South India under the Satavahanas
The Satavahanas emerged in the first century BCE in the Deccan region. They ruled over parts of Andhra, Maharashtra, Karnataka and Madhya Pradesh. From recent archaeological evidence it is understood that the Satavahanas started to rule in the Telengana area and then moved to Maharashtra to rule in the Godavari basin with Prathistan (Paithan in Maharashtra) as their capital. Later they moved eastwards to control coastal Andhra also. The work of Pliny talks about 30 walled towns, a large army, cavalry and elephant force in the Andhra country.
Gautamiputra Satakarni was the greatest of the Satavahana kings. He defeated the Shaka ruler Nahapana and reissued the coins of Nahapana with his own royal insignia. The inscription of his mother Gautami Balashri at Nashik mentions him as the conqueror of the Shakas, Pahlavas, and Yavanas. He is also said to have performed the prestigious Vedic asvamedha sacrifice.

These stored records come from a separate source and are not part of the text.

-- ===== src/Generic/FirstWalk.antt =====
-- The walk of `FirstSync` over the downloaded database.
use coldsync.Base.{
  ℕ, ==_refl, true, false, Bool-cases, some, List, [], ◌∷◌, ◌++◌, append_assoc, append-nil, map,
  ◌≡◌, refl, sym, ap, ◌∙◌, inl, inr, if◌then◌else◌,
}
use coldsync.Pdb.{PdbRecord, is_rsrc_db, at_addr, update_at, delete_by_id, pdb_delete_record_by_id}
use coldsync.Pdb.Ids.{Unique}
use coldsync.Generic.{archive_record, or_unchanged, rest_of}
use coldsync.Generic.Monad.{Conduit, ok, bind_ok}
use coldsync.Generic.Records.{expunged, clear_status_flags}
use coldsync.Generic.Steps.{Lands, and_then, with_archive, archive_record-eq}
use coldsync.Generic.Freed.{Apart}
use coldsync.Generic.Frames.{Lands-map}
use coldsync.Generic.Behind.{
  Behind, Behind-nil, Behind-cons, at_addr-append, update_at-append, delete_by_id-append,
}
use coldsync.Generic.Slow.{for_each, to_archive, load_remote, change_remote}
use coldsync.Generic.First.{first_cases, first_remote, first_records}

-- The records that stay, with their status cleared, and the data that go to the archive.
abbrev pub first_kept : List PdbRecord → List PdbRecord
first_kept [] = []
first_kept (rec ∷ recs) =
    if to_archive rec
    then clear_status_flags rec ∷ first_kept recs
    else if expunged rec
    then first_kept recs
    else clear_status_flags rec ∷ first_kept recs

abbrev pub first_archived : List PdbRecord → List (List ℕ)
first_archived [] = []
first_archived (rec ∷ recs) =
    if to_archive rec then rec.payload ∷ first_archived recs else first_archived recs

module _ {P : Type 0} where
  -- What the walk has done when these records are what is left.
  abbrev Left : List PdbRecord → List PdbRecord → Conduit P → Type 0
  Left done recs s =
      (is_rsrc_db s.remotedb ≡ false)
      × (s.writes ≡ [])
      × (s.remotedb.recs ≡ done ++ recs)
      × Behind done recs
      × Unique recs
      × Apart recs

  abbrev pub Done : List PdbRecord → List PdbRecord → Conduit P → Unit {0} → Conduit P → Type 0
  Done done recs s _ s' =
      (s'.remotedb.recs ≡ done ++ first_kept recs)
      × (s'.archive ≡ s.archive ++ first_archived recs)
      × (s'.localdb ≡ s.localdb)
      × (s'.palm ≡ s.palm)

  with_marks : ℕ → Conduit P → Conduit P
  with_marks a s = record s {
    remotedb = record s.remotedb { recs = update_at a clear_status_flags s.remotedb.recs };
  }

  abbrev without_remote : ℕ → Conduit P → Conduit P
  without_remote k s = record s {
    remotedb = or_unchanged (pdb_delete_record_by_id s.remotedb k) s.remotedb;
  }

  stands :
      (done recs : List PdbRecord) (rec : PdbRecord) (s : Conduit P)
      → Left done (rec ∷ recs) s
      → at_addr rec.addr s.remotedb.recs ≡ some rec
  unfolding at_addr
  stands done recs rec s (_, _, e, behind, _, _) =
      rw e (at_addr-append rec.addr done (rec ∷ recs) behind.1 ∙ rw (==_refl rec.addr))

  change_remote-eq :
      (done recs : List PdbRecord) (rec : PdbRecord) (s : Conduit P)
      → Left done (rec ∷ recs) s
      → change_remote rec.addr clear_status_flags s ≡ (ok tt, with_marks rec.addr s)
  unfolding change_remote load_remote with_marks
  change_remote-eq done recs rec s left = rw (stands done recs rec s left)

  Left-marks :
      (done recs : List PdbRecord) (rec : PdbRecord) (s : Conduit P)
      → Left done (rec ∷ recs) s
      → Left (done ++ (clear_status_flags rec ∷ [])) recs (with_marks rec.addr s)
  unfolding with_marks is_rsrc_db clear_status_flags update_at
  Left-marks done recs rec s (records, writes, e, behind, unique, apart) = (
    records,
    writes,
    rw e (
        update_at-append rec.addr clear_status_flags done (rec ∷ recs) behind.1
        ∙ (rw (==_refl rec.addr) (sym (append_assoc done (clear_status_flags rec ∷ []) recs)))),
    Behind-cons done (clear_status_flags rec) recs behind.2 unique.0 apart.0,
    unique.1,
    apart.1,
  )

  Left-without :
      (done recs : List PdbRecord) (rec : PdbRecord) (s : Conduit P)
      → Left done (rec ∷ recs) s
      → Left done recs (without_remote rec.id s)
  unfolding pdb_delete_record_by_id is_rsrc_db delete_by_id
  Left-without done recs rec s (records, writes, e, behind, unique, apart) = rw records (
    records,
    writes,
    rw e (delete_by_id-append rec.id done (rec ∷ recs) behind.0 ∙ rw (==_refl rec.id)),
    behind.2,
    unique.1,
    apart.1,
  )

  Left-archive :
      (done recs : List PdbRecord) (rec : PdbRecord) (s : Conduit P)
      → Left done recs s
      → Left done recs (with_archive rec s)
  unfolding is_rsrc_db
  Left-archive done recs rec s (records, writes, e, behind, unique, apart) =
      (records, ap rest_of writes, e, behind, unique, apart)

  step-archived :
      (done recs : List PdbRecord) (rec : PdbRecord) (s : Conduit P)
      → Left done (rec ∷ recs) s
      → to_archive rec ≡ true
      → first_remote rec.addr s
        ≡ (ok tt, with_archive (clear_status_flags rec) (with_marks rec.addr s))
  unfolding first_remote first_cases load_remote
  step-archived done recs rec s left e =
      rw (stands done recs rec s left, e)
        (bind_ok (change_remote rec.addr clear_status_flags)
            (λ _. archive_record (clear_status_flags rec)) {s = s}
            (change_remote-eq done recs rec s left)
          ∙ archive_record-eq (clear_status_flags rec) (with_marks rec.addr s))

  step-gone :
      (done recs : List PdbRecord) (rec : PdbRecord) (s : Conduit P)
      → Left done (rec ∷ recs) s
      → to_archive rec ≡ false
      → expunged rec ≡ true
      → first_remote rec.addr s ≡ (ok tt, without_remote rec.id s)
  unfolding first_remote first_cases load_remote
  step-gone done recs rec s left e e' = rw (stands done recs rec s left, e, e')

  step-plain :
      (done recs : List PdbRecord) (rec : PdbRecord) (s : Conduit P)
      → Left done (rec ∷ recs) s
      → to_archive rec ≡ false
      → expunged rec ≡ false
      → first_remote rec.addr s ≡ (ok tt, with_marks rec.addr s)
  unfolding first_remote first_cases load_remote
  step-plain done recs rec s left e e' =
      rw (stands done recs rec s left, e, e') (change_remote-eq done recs rec s left)

  -- One step, and the walk over the rest.
  after_step :
      (done done' recs : List PdbRecord) (rec : PdbRecord) (s s' : Conduit P)
      → first_remote rec.addr s ≡ (ok tt, s')
      → ((s'' : Conduit P) → Done done' recs s' tt s'' → Done done (rec ∷ recs) s tt s'')
      → Lands (Done done' recs s') (for_each (map (λ r. r.addr) recs) first_remote s')
      → Lands (Done done (rec ∷ recs) s) (for_each (map (λ r. r.addr) (rec ∷ recs)) first_remote s)
  unfolding for_each
  after_step done done' recs rec s s' step conv rest =
      and_then (Done done (rec ∷ recs) s) (first_remote rec.addr)
        (λ _. for_each (map (λ r. r.addr) recs) first_remote) step
        (Lands-map (Done done' recs s') (Done done (rec ∷ recs) s)
          (for_each (map (λ r. r.addr) recs) first_remote s') (λ _. conv) rest)

  walk-Done :
      (done recs : List PdbRecord) (s : Conduit P)
      → Left done recs s
      → Lands (Done done recs s) (for_each (map (λ r. r.addr) recs) first_remote s)
  unfolding for_each with_marks clear_status_flags pdb_delete_record_by_id
  walk-Done done [] s (_, _, e, _, _, _) = (e, sym (append-nil s.archive), refl, refl)
  walk-Done done (rec ∷ recs) s left = elim (Bool-cases (to_archive rec)) [
    | inl e ↦
        after_step done done' recs rec s
          (with_archive (clear_status_flags rec) (with_marks rec.addr s))
          (step-archived done recs rec s left e)
          (λ s'' (kept, archive, local, palm). (
            kept ∙ (append_assoc done (clear_status_flags rec ∷ []) (first_kept recs) ∙ rw e),
            archive
                ∙ rw (left.1, e) (append_assoc s.archive (rec.payload ∷ []) (first_archived recs)),
            local,
            palm,
          ))
          (walk-Done done' recs (with_archive (clear_status_flags rec) (with_marks rec.addr s)) (
            Left-archive done' recs (clear_status_flags rec) (with_marks rec.addr s)
              (Left-marks done recs rec s left)))
    | inr e ↦ elim (Bool-cases (expunged rec)) [
      | inl e' ↦
          after_step done done recs rec s (without_remote rec.id s)
            (step-gone done recs rec s left e e')
            (λ s'' (kept, archive, local, palm). (kept ∙ rw (e, e'), archive ∙ rw e, local, palm))
            (walk-Done done recs (without_remote rec.id s) (Left-without done recs rec s left))
      | inr e' ↦
          after_step done done' recs rec s (with_marks rec.addr s)
            (step-plain done recs rec s left e e')
            (λ s'' (kept, archive, local, palm). (
              kept
                  ∙ (append_assoc done (clear_status_flags rec ∷ []) (first_kept recs)
                      ∙ rw (e, e')),
              archive ∙ rw e,
              local,
              palm,
            ))
            (walk-Done done' recs (with_marks rec.addr s) (Left-marks done recs rec s left))
    ]
  ]
    where
      done' : List PdbRecord
      done' = done ++ (clear_status_flags rec ∷ [])

  -- While the archive can be written, and the downloaded database is no resource database and its IDs
  -- and its addresses are unique, the walk of `FirstSync` over it succeeds: of the downloaded records
  -- it keeps, in their order, all but the expunged ones that are not to be archived, each with nothing
  -- but its private flag; it adds the data of those that are to be archived to the archive, in their
  -- order; and it changes neither the local database nor the Palm.
  pub first_records-Done :
      (s : Conduit P)
      → is_rsrc_db s.remotedb ≡ false
      → s.writes ≡ []
      → Unique s.remotedb.recs
      → Apart s.remotedb.recs
      → Lands (Done [] s.remotedb.recs s) (first_records s)
  unfolding first_records
  first_records-Done s records writes unique apart =
      walk-Done [] s.remotedb.recs s
        (records, writes, refl, Behind-nil s.remotedb.recs, unique, apart)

Vasishthiputra Pulumavi, the successor of Gautamiputra Satakarni, expanded the frontiers of the Satavahana Empire. The coins issued by him are found scattered in many parts of south India. Yagnashri Satakarni was another famous ruler who issued coins with a ship motif, indicating the importance of the overseas trade during his reign.
King Hala is credited with the writing of Gatha Sattasai, a collection of 700 love poems. Written in Maharshtri Prakrit dialect, it has themes similar to those found in the Tamil Sangam poetry.

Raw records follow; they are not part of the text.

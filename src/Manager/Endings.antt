-- ===== src/Manager/Endings.antt =====
-- lmrs/manager.py: every command of the manager ends.
use vvz_lmrs.Prelude.{
  ℕ, ◌+◌, ◌≤◌, String, Bool, true, false, Option, none, some, arith, [], ◌∷◌, Exception, List,
}
use vvz_lmrs.Prelude.Int.{ℤ}
use vvz_lmrs.Prelude.Value.{Value, decimal}
use vvz_lmrs.Manager.{Platform, Written, PidFile, missing, unreadable, holding, calling}
use vvz_lmrs.Manager.State.{
  run_dir, log_dir, pid_file, config_path, Recorded, read_state, write_state, clear_state,
  after_write, after_unlink,
}
use vvz_lmrs.Lifecycle.{text_or}
use vvz_lmrs.Manager.Probe.{listen_endpoint, health_ok}
use vvz_lmrs.Manager.Process.{poll_for, wait_health, pid_alive, port_free, kill}
use vvz_lmrs.Manager.Control.{
  Action, start, stop, status, restart, main, start_at, start_recorded, start_beside, launch_server,
  polled, written_state, after_health, health_failed, stop_server, stop_recorded, stop_process,
  server_status, status_recorded, status_alive, restart_server, start_on_port, kill_and_clear,
  make_dirs, open_log, spawn, stop_and_find,
}
use vvz_lmrs.Manager.Polling.{
  IsSettled, IsSettled-followed_by, IsSettled-calling, refuses-Keeps, poll_for-IsSettled,
  wait_health-IsSettled, kill-IsSettled,
}

module _ {S : Type 0} (os : Platform S) where
  after_unlink-IsSettled :
      (f : PidFile) (a : Option Exception × S) → IsSettled ((after_unlink os f a).0)
  unfolding after_unlink
  after_unlink-IsSettled f (none, w) = tt
  after_unlink-IsSettled f (some e, w) = tt

  clear_state-IsSettled : (f : PidFile) (w : S) → IsSettled ((clear_state os f w).0)
  unfolding clear_state
  clear_state-IsSettled missing w = tt
  clear_state-IsSettled unreadable w = after_unlink-IsSettled unreadable _
  clear_state-IsSettled (holding text) w = after_unlink-IsSettled (holding text) _

  after_write-IsSettled :
      (text : List String) (f : PidFile) (a : Written × S) → IsSettled ((after_write os text f a).0)
  unfolding after_write
  after_write-IsSettled text f (Written.written, w) = tt
  after_write-IsSettled text f (Written.refused e, w) = tt
  after_write-IsSettled text f (Written.torn e, w) = tt

  write_state-IsSettled :
      (pid : ℤ) (cfg : String) (f : PidFile) (w : S) → IsSettled ((write_state os pid cfg f w).0)
  unfolding write_state
  write_state-IsSettled pid cfg f w =
      IsSettled-followed_by (calling f (os.make_dir (run_dir os) w)) _
        (IsSettled-calling f (os.make_dir (run_dir os) w))
        λ _ f w. after_write-IsSettled (decimal pid ∷ cfg ∷ []) f (os.write_text (pid_file os) w)

-- The documented behaviour of the clock: it is monotonic, and `sleep` sleeps at least its time.
module _ {S : Type 0} (os : Platform S)
    (sleeps : (d : ℕ) (w : S) → os.monotonic w + d ≤ os.monotonic (os.sleep d w))
    (kills : (pid : ℤ) (n : ℕ) (w : S) → os.monotonic w ≤ os.monotonic ((os.kill pid n w).1))
    (opens : (url : String) (ca : Option Value) (w : S)
      → os.monotonic w ≤ os.monotonic ((os.urlopen url ca w).1))
    (connects : (host : String) (port : ℤ) (w : S)
      → os.monotonic w ≤ os.monotonic ((os.connect_ex host port w).1)) where
  kill_and_clear-IsSettled :
      (pid : ℤ) (f : PidFile) (w : S) → IsSettled ((kill_and_clear os pid f w).0)
  unfolding kill_and_clear
  kill_and_clear-IsSettled pid f w =
      IsSettled-followed_by (kill os pid f w) _
        (kill-IsSettled os sleeps kills opens connects pid f w)
        λ _ f w. clear_state-IsSettled os f w

  after_health-IsSettled :
      (pid : ℤ) (healthy : Bool) (f : PidFile) (w : S)
      → IsSettled ((after_health os pid healthy f w).0)
  unfolding after_health health_failed
  after_health-IsSettled pid true f w = tt
  after_health-IsSettled pid false f w =
      IsSettled-followed_by (kill_and_clear os pid f w) _ (kill_and_clear-IsSettled pid f w)
        λ _ f w. tt

  written_state-IsSettled :
      (cfg : String) (wait : Bool) (pid : ℤ) (f : PidFile) (w : S)
      → IsSettled ((written_state os cfg wait pid f w).0)
  unfolding written_state
  written_state-IsSettled cfg false pid f w = tt
  written_state-IsSettled cfg true pid f w =
      IsSettled-followed_by (wait_health os cfg 45_000 f w) (after_health os pid)
        (wait_health-IsSettled os sleeps kills opens connects cfg 45_000 f w)
        (after_health-IsSettled pid)

  polled-IsSettled :
      (cfg : String) (wait : Bool) (pid : ℤ) (f : PidFile) (a : Option ℤ × S)
      → IsSettled ((polled os cfg wait pid f a).0)
  unfolding polled
  polled-IsSettled cfg wait pid f (some _, w) = tt
  polled-IsSettled cfg wait pid f (none, w) =
      IsSettled-followed_by (write_state os pid cfg f w) _ (write_state-IsSettled os pid cfg f w)
        λ _. written_state-IsSettled cfg wait pid

  spawn-IsSettled : (cfg : String) (f : PidFile) (w : S) → IsSettled ((spawn os cfg f w).0)
  unfolding spawn open_log make_dirs
  spawn-IsSettled cfg f w =
      IsSettled-followed_by (open_log os f w) _
        (IsSettled-followed_by (make_dirs os f w) _
          (IsSettled-followed_by (calling f (os.make_dir (run_dir os) w)) _
            (IsSettled-calling f (os.make_dir (run_dir os) w))
            λ _ f w. IsSettled-calling f (os.make_dir (log_dir os) w))
          λ _ f w. IsSettled-calling f (os.open_log (os.join (log_dir os) "adapter.log") w))
        λ _ f w. IsSettled-calling f (os.popen cfg w)

  launch-IsSettled :
      (cfg : String) (wait : Bool) (f : PidFile) (w : S)
      → IsSettled ((launch_server os cfg wait f w).0)
  unfolding launch_server
  launch-IsSettled cfg wait f w =
      IsSettled-followed_by (spawn os cfg f w) _ (spawn-IsSettled cfg f w)
        λ pid f w. polled-IsSettled cfg wait pid f (os.poll pid (os.sleep 400 w))

  start_beside-IsSettled :
      (cfg : String) (wait alive : Bool) (f : PidFile) (w : S)
      → IsSettled ((start_beside os cfg wait alive f w).0)
  unfolding start_beside
  start_beside-IsSettled cfg wait true f w = tt
  start_beside-IsSettled cfg wait false f w =
      IsSettled-followed_by (clear_state os f w) _ (clear_state-IsSettled os f w)
        λ _. launch-IsSettled cfg wait

  start_recorded-IsSettled :
      (cfg : String) (wait : Bool) (r : Recorded) (f : PidFile) (w : S)
      → IsSettled ((start_recorded os cfg wait r f w).0)
  unfolding start_recorded
  start_recorded-IsSettled cfg wait (none, _) f w = launch-IsSettled cfg wait f w
  start_recorded-IsSettled cfg wait (some pid, _) f w =
      IsSettled-followed_by (calling f (pid_alive os pid w)) (start_beside os cfg wait)
        (IsSettled-calling f (pid_alive os pid w)) (start_beside-IsSettled cfg wait)

  stop_process-IsSettled :
      (pid : ℤ) (alive : Bool) (f : PidFile) (w : S) → IsSettled ((stop_process os pid alive f w).0)
  unfolding stop_process
  stop_process-IsSettled pid false f w =
      IsSettled-followed_by (clear_state os f w) _ (clear_state-IsSettled os f w) λ _ f w. tt
  stop_process-IsSettled pid true f w =
      IsSettled-followed_by (kill_and_clear os pid f w) _ (kill_and_clear-IsSettled pid f w)
        λ _ f w. tt

  stop_recorded-IsSettled :
      (r : Recorded) (f : PidFile) (w : S) → IsSettled ((stop_recorded os r f w).0)
  unfolding stop_recorded
  stop_recorded-IsSettled (none, _) f w = tt
  stop_recorded-IsSettled (some pid, _) f w =
      IsSettled-followed_by (calling f (pid_alive os pid w)) (stop_process os pid)
        (IsSettled-calling f (pid_alive os pid w)) (stop_process-IsSettled pid)

  status_alive-IsSettled :
      (cfg : String) (alive : Bool) (f : PidFile) (w : S)
      → IsSettled ((status_alive os cfg alive f w).0)
  unfolding status_alive
  status_alive-IsSettled cfg false f w =
      IsSettled-followed_by (clear_state os f w) _ (clear_state-IsSettled os f w) λ _ f w. tt
  status_alive-IsSettled cfg true f w =
      IsSettled-followed_by (calling f (health_ok os cfg w)) _
        (IsSettled-calling f (health_ok os cfg w)) λ _ f w. tt

  status_recorded-IsSettled :
      (r : Recorded) (f : PidFile) (w : S) → IsSettled ((status_recorded os r f w).0)
  unfolding status_recorded
  status_recorded-IsSettled (none, _) f w = tt
  status_recorded-IsSettled (some pid, cfg) f w =
      IsSettled-followed_by (calling f (pid_alive os pid w)) _
        (IsSettled-calling f (pid_alive os pid w))
        (status_alive-IsSettled (text_or cfg (config_path os)))

  start_on_port-IsSettled :
      (cfg : String) (endpoint : String × ℤ) (f : PidFile) (w : S)
      → IsSettled ((start_on_port os cfg endpoint f w).0)
  unfolding start_on_port port_free start_at
  start_on_port-IsSettled cfg (host, port) f w =
      let polled = poll_for os (port_free os host port) 300 30_000 w in
      IsSettled-followed_by (polled.0, f, polled.1) _
        (poll_for-IsSettled os sleeps (port_free os host port) 300 30_000 w
          (λ v.
            refuses-Keeps os sleeps kills opens connects v (os.connect_ex host port v)
              (connects host port v))
          (omega arith))
        λ _ f. start_recorded-IsSettled (text_or (some cfg) (config_path os)) true (read_state f) f

  stop_and_find-IsSettled :
      (cfg : String) (f : PidFile) (w : S) → IsSettled ((stop_and_find os cfg f w).0)
  unfolding stop_and_find stop_server
  stop_and_find-IsSettled cfg f w =
      IsSettled-followed_by (stop_server os f w) _ (stop_recorded-IsSettled (read_state f) f w)
        λ _ f w. IsSettled-calling f (listen_endpoint os cfg w, w)

  -- When the clock is monotonic over every call of the operating system and `sleep` lets at least
  -- its time pass, each of the four commands returns or raises, for every configuration path,
  -- process-id file and world: no loop of the manager outlives the rounds it is given.
  pub main_settles :
      (action : Action) (cfg : Option String) (f : PidFile) (w : S)
      → IsSettled ((main os action cfg f w).0)
  unfolding main start_at stop_server server_status restart_server
  main_settles start cfg f w =
      start_recorded-IsSettled (text_or cfg (config_path os)) false (read_state f) f w
  main_settles stop cfg f w = stop_recorded-IsSettled (read_state f) f w
  main_settles status cfg f w = status_recorded-IsSettled (read_state f) f w
  main_settles restart cfg f w =
      let resolved = text_or cfg (config_path os) in
      IsSettled-followed_by (stop_and_find os resolved f w) (start_on_port os resolved)
        (stop_and_find-IsSettled resolved f w) (start_on_port-IsSettled resolved)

The Satavahana Empire declined around the 3rd century CE and was replaced by the Ikshvakus, followed by the Pallavas, in Andhra and the Kadambas in northern Karnataka.
Offering land grants was an important development of the Satavahana times. The beneficiaries of these grants were mostly Buddhists and Brahmins.
The Naneghat inscription refers to tax exemptions given to the lands granted to Buddhist monks. Thus we notice the beginning of priestly groups attaining higher status. These land donations created a group of people who did not cultivate, but owned land. This led to the development of land-based social hierarchy and divisions in the society.
For the first time a big state covering a major part of the Deccan was established. Several rock-cut caves dedicated to the Buddha sangha bear evidence that they were situated in the trade routes linking the interior to the coastal parts of Konkan region. It was also a period of brisk Indo-Roman trade.